>>>>>

-- ===== src/Scheduler/Answers.antt =====
-- src/scheduler.rs: every answer of a lane ends well.
use hataori_rs.Prelude.{
  ℕ, ◌+◌, ◌≤◌, ◌≡◌, refl, Bool, true, false, Option, none, some, List, inl, inr, arith, eqb, length,
  count, ok, err, ◌⊎◌, Bool-cases, subst, Result-cases,
}
use hataori_rs.Prelude.Int.{ℤ, int_key}
use hataori_rs.Prelude.Assoc.{lookup, insert, total-insert, AllValues-lookup, AtValue}
use hataori_rs.Scheduler.State.{
  RunningMeta, LaneState, Coordinator, SchedulerError, BatchId, ItemResult,
}
use hataori_rs.Scheduler.Batches.{validate_completion}
use hataori_rs.Scheduler.Lanes.{remote_current, advanced, root_current}
use hataori_rs.Scheduler.Ops.{
  on_root_success, on_remote_success, on_root_error, on_remote_error, on_remote_protocol_error,
}
use hataori_rs.Scheduler.Places.{below, held, filled}
use hataori_rs.Scheduler.Completion.{validate_completion-ok, validate_completion-ne-panic}
use hataori_rs.Scheduler.Invariant.{Inv, Safe, RemoteShape}
use hataori_rs.Scheduler.Answering.{
  Answered, advanced_lem, store_lem, remote-Answered, root-Answered, failed_all,
}

pub root_cases :
    (state : LaneState)
    → (root_current state ≡ err SchedulerError.wrong_lane_state)
      ⊎ ((current : RunningMeta) × (state ≡ LaneState.running current none false)
          × (root_current state ≡ ok current))
unfolding root_current
root_cases LaneState.idle = inl refl
root_cases (LaneState.running current none false) = inr (current, refl, refl)
root_cases (LaneState.running current none true) = inl refl
root_cases (LaneState.running current (some next) stopping) = inl refl
root_cases LaneState.stopped = inl refl
root_cases LaneState.drained = inl refl

pub remote_cases :
    (o : Option LaneState)
    → ((e : SchedulerError) × (remote_current o ≡ err e))
      ⊎ ((current : RunningMeta) × (prefetched : Option RunningMeta) × (stopping : Bool) × (o
            ≡ some (LaneState.running current prefetched stopping))
          × (remote_current o ≡ ok current))
unfolding remote_current
remote_cases none = inl (SchedulerError.unknown_rank, refl)
remote_cases (some LaneState.idle) = inl (SchedulerError.wrong_lane_state, refl)
remote_cases (some (LaneState.running current prefetched stopping)) =
    inr (current, prefetched, stopping, refl, refl)
remote_cases (some LaneState.stopped) = inl (SchedulerError.wrong_lane_state, refl)
remote_cases (some LaneState.drained) = inl (SchedulerError.wrong_lane_state, refl)

module _ {T U : Type 0} (c : Coordinator T U) (v : Inv c) where
  pub root_indices :
      (current : RunningMeta)
      → c.root ≡ LaneState.running current none false
      → (i : ℕ) → count i current.original_indices + filled i c.ordered ≤ below (length c.ordered) i
  root_indices current e i = ground (arith, v.once i)

  pub remote_indices :
      (rank : ℤ) (current : RunningMeta) (prefetched : Option RunningMeta) (stopping : Bool)
      → lookup rank c.remotes ≡ some (LaneState.running current prefetched stopping)
      → (i : ℕ) → count i current.original_indices + filled i c.ordered ≤ below (length c.ordered) i
  remote_indices rank current prefetched stopping e i =
      ground (arith, v.once i, total-insert (held i) rank LaneState.idle c.remotes)

  -- The lane's advance, found by `advance_remote`.
  pub remote_advance :
      (rank : ℤ) (current : RunningMeta) (prefetched : Option RunningMeta) (stopping : Bool)
      → lookup rank c.remotes ≡ some (LaneState.running current prefetched stopping)
      → (new : LaneState) × (advanced (lookup rank c.remotes) ≡ ok new)
        × Answered current.original_indices (record c { remotes = insert rank new c.remotes })
  remote_advance rank current prefetched stopping e =
      let shape = AllValues-lookup (RemoteShape c.prefetch) rank c.remotes v.remote_shapes in
      let (new, to, less, named_less, keeps) =
        advanced_lem c.prefetch current prefetched stopping
          (subst (AtValue (RemoteShape c.prefetch)) e shape) in
      (new, rw e to, remote-Answered c rank current _ new v e less named_less keeps)

  pub on_root_success-Safe :
      (batch_id : BatchId) (results : List (ItemResult U))
      → Safe c (λ _ s. Inv s) (on_root_success batch_id results c)
  unfolding on_root_success
  on_root_success-Safe batch_id results = elim (root_cases c.root) [
    | inl q ↦ rw q
    | inr (current, e, q) ↦
        elim (Result-cases (validate_completion c.ordered current batch_id results)) [
          | inl (_, passed) ↦
              let (_, same) =
                (validate_completion-ok c.ordered current batch_id results
                    (root_indices current e)).0
                  passed in
              let c' : Coordinator T U = record c { root = LaneState.idle } in
              let (s, done, inv) =
                store_lem results c'
                  (subst (λ xs. Answered xs c') same (root-Answered c current v e)) in
              rw (q, passed, done) inv
          | inr (inl (x, refused)) ↦ rw (q, refused)
          | inr (inr bad) ↦
              absurd (validate_completion-ne-panic c.ordered current batch_id results bad)
        ]
  ]

  pub on_remote_success-Safe :
      (rank : ℤ) (batch_id : BatchId) (results : List (ItemResult U))
      → Safe c (λ _ s. Inv s) (on_remote_success rank batch_id results c)
  unfolding on_remote_success
  on_remote_success-Safe rank batch_id results = elim (remote_cases (lookup rank c.remotes)) [
    | inl (x, q) ↦ rw q
    | inr (current, prefetched, stopping, e, q) ↦
        elim (Result-cases (validate_completion c.ordered current batch_id results)) [
          | inl (_, passed) ↦
              let (_, same) =
                (validate_completion-ok c.ordered current batch_id results
                    (remote_indices rank current prefetched stopping e)).0
                  passed in
              let (new, to, answered) = remote_advance rank current prefetched stopping e in
              let c' : Coordinator T U = record c { remotes = insert rank new c.remotes } in
              let (s, done, inv) =
                store_lem results c' (subst (λ xs. Answered xs c') same answered) in
              rw (q, passed, to, done) inv
          | inr (inl (x, refused)) ↦ rw (q, refused)
          | inr (inr bad) ↦
              absurd (validate_completion-ne-panic c.ordered current batch_id results bad)
        ]
  ]

  pub on_root_error-Safe : (batch_id : BatchId) → Safe c (λ _ s. Inv s) (on_root_error batch_id c)
  unfolding on_root_error
  on_root_error-Safe batch_id = elim (root_cases c.root) [
    | inl q ↦ rw q
    | inr (current, e, q) ↦ elim (Bool-cases (eqb current.batch_id batch_id)) [
      | inl same ↦ rw (q, same) (failed_all _ _ (root-Answered c current v e))
      | inr other ↦ rw (q, other)
    ]
  ]

  pub on_remote_error-Safe :
      (rank : ℤ) (batch_id : BatchId) → Safe c (λ _ s. Inv s) (on_remote_error rank batch_id c)
  unfolding on_remote_error
  on_remote_error-Safe rank batch_id = elim (remote_cases (lookup rank c.remotes)) [
    | inl (x, q) ↦ rw q
    | inr (current, prefetched, stopping, e, q) ↦
        let (new, to, answered) = remote_advance rank current prefetched stopping e in
        elim (Bool-cases (eqb current.batch_id batch_id)) [
          | inl same ↦ rw (q, same, to) (failed_all _ _ answered)
          | inr other ↦ rw (q, other)
        ]
  ]

  pub on_remote_protocol_error-Safe :
      (rank : ℤ) → Safe c (λ _ s. Inv s) (on_remote_protocol_error rank c)
  unfolding on_remote_protocol_error
  on_remote_protocol_error-Safe rank = elim (remote_cases (lookup rank c.remotes)) [
    | inl (x, q) ↦ rw q
    | inr (current, prefetched, stopping, e, q) ↦
        let (new, to, answered) = remote_advance rank current prefetched stopping e in
        rw (q, to) (failed_all _ _ answered)
  ]
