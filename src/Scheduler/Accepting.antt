-- ===== src/Scheduler/Accepting.antt =====
-- src/scheduler.rs: exactly which answers of a running lane are accepted.
use hataori_rs.Prelude.{
  ◌≡◌, ◌↔◌, refl, Bool, false, Option, none, some, List, arith, inl, inr, ok, Result-cases, subst,
  ap,
}
use hataori_rs.Prelude.Int.{ℤ, int_key}
use hataori_rs.Prelude.Assoc.{lookup, insert}
use hataori_rs.Scheduler.State.{RunningMeta, LaneState, Lane, Coordinator, BatchId, ItemResult}
use hataori_rs.Scheduler.Batches.{validate_completion}
use hataori_rs.Scheduler.Lanes.{remote_current, root_current}
use hataori_rs.Scheduler.Ops.{on_root_success, on_remote_success}
use hataori_rs.Scheduler.Places.{result_indices}
use hataori_rs.Scheduler.Completion.{validate_completion-ok, validate_completion-ne-panic}
use hataori_rs.Scheduler.Invariant.{Inv}
use hataori_rs.Scheduler.Answering.{Answered, store_lem, root-Answered}
use hataori_rs.Scheduler.Answers.{root_indices, remote_indices, remote_advance}

module _ {T U : Type 0} (c : Coordinator T U) (v : Inv c) where
  -- The answer names the batch and lists its indices in order.
  abbrev pub Matches : RunningMeta → BatchId → List (ItemResult U) → Type 0
  Matches current batch_id results =
      (current.batch_id ≡ batch_id) × (current.original_indices ≡ result_indices results)

  -- A running lane's success is accepted exactly when it names the lane's current batch and lists
  -- that batch's indices in the batch's order; no result is then refused as out of bounds,
  -- repeated or already filled.
  pub on_remote_success-accepts :
      (rank : ℤ) (current : RunningMeta) (prefetched : Option RunningMeta) (stopping : Bool)
      (batch_id : BatchId) (results : List (ItemResult U))
      → lookup rank c.remotes ≡ some (LaneState.running current prefetched stopping)
      → ((on_remote_success rank batch_id results c).0
          ≡ ok (record { lane = Lane.remote rank; batch_id = batch_id }))
        ↔ Matches current batch_id results
  unfolding on_remote_success remote_current
  on_remote_success-accepts rank current prefetched stopping batch_id results e =
      let valid =
        validate_completion-ok c.ordered current batch_id results
          (remote_indices c v rank current prefetched stopping e) in
      let (new, to, answered) = remote_advance c v rank current prefetched stopping e in
      let c' : Coordinator T U = record c { remotes = insert rank new c.remotes } in
      (
        λ accepted. elim (Result-cases (validate_completion c.ordered current batch_id results)) [
          | inl (_, passed) ↦ valid.0 passed
          | inr (inl (x, refused)) ↦ ground arith
          | inr (inr bad) ↦
              absurd (validate_completion-ne-panic c.ordered current batch_id results bad)
        ],
        λ m.
            let (s, stored, inv) =
              store_lem results c' (subst (λ xs. Answered xs c') m.1 answered) in
            rw (remote_current-running e, valid.1 m, to, stored) refl,
      )
    where
      remote_current-running :
          lookup rank c.remotes ≡ some (LaneState.running current prefetched stopping)
          → remote_current (lookup rank c.remotes) ≡ ok current
      remote_current-running q = rw (q, remote_current)

  -- The same of the root's success.
  pub on_root_success-accepts :
      (current : RunningMeta) (batch_id : BatchId) (results : List (ItemResult U))
      → c.root ≡ LaneState.running current none false
      → ((on_root_success batch_id results c).0
          ≡ ok (record { lane = Lane.root; batch_id = batch_id }))
        ↔ Matches current batch_id results
  unfolding on_root_success
  on_root_success-accepts current batch_id results e =
      let valid =
        validate_completion-ok c.ordered current batch_id results (root_indices c v current e) in
      let c' : Coordinator T U = record c { root = LaneState.idle } in
      (
        λ accepted. elim (Result-cases (validate_completion c.ordered current batch_id results)) [
          | inl (_, passed) ↦ valid.0 passed
          | inr (inl (x, refused)) ↦ ground (arith, running)
          | inr (inr bad) ↦
              absurd (validate_completion-ne-panic c.ordered current batch_id results bad)
        ],
        λ m.
            let (s, stored, inv) =
              store_lem results c'
                (subst (λ xs. Answered xs c') m.1 (root-Answered c current v e)) in
            rw (running, valid.1 m, stored) refl,
      )
    where
      running : root_current c.root ≡ ok current
      running = unfold root_current in ap root_current e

<<<<<

Exercise:
Figure out how many lines of the material above hold the word "filled", and answer with that number only.

Finished task:
4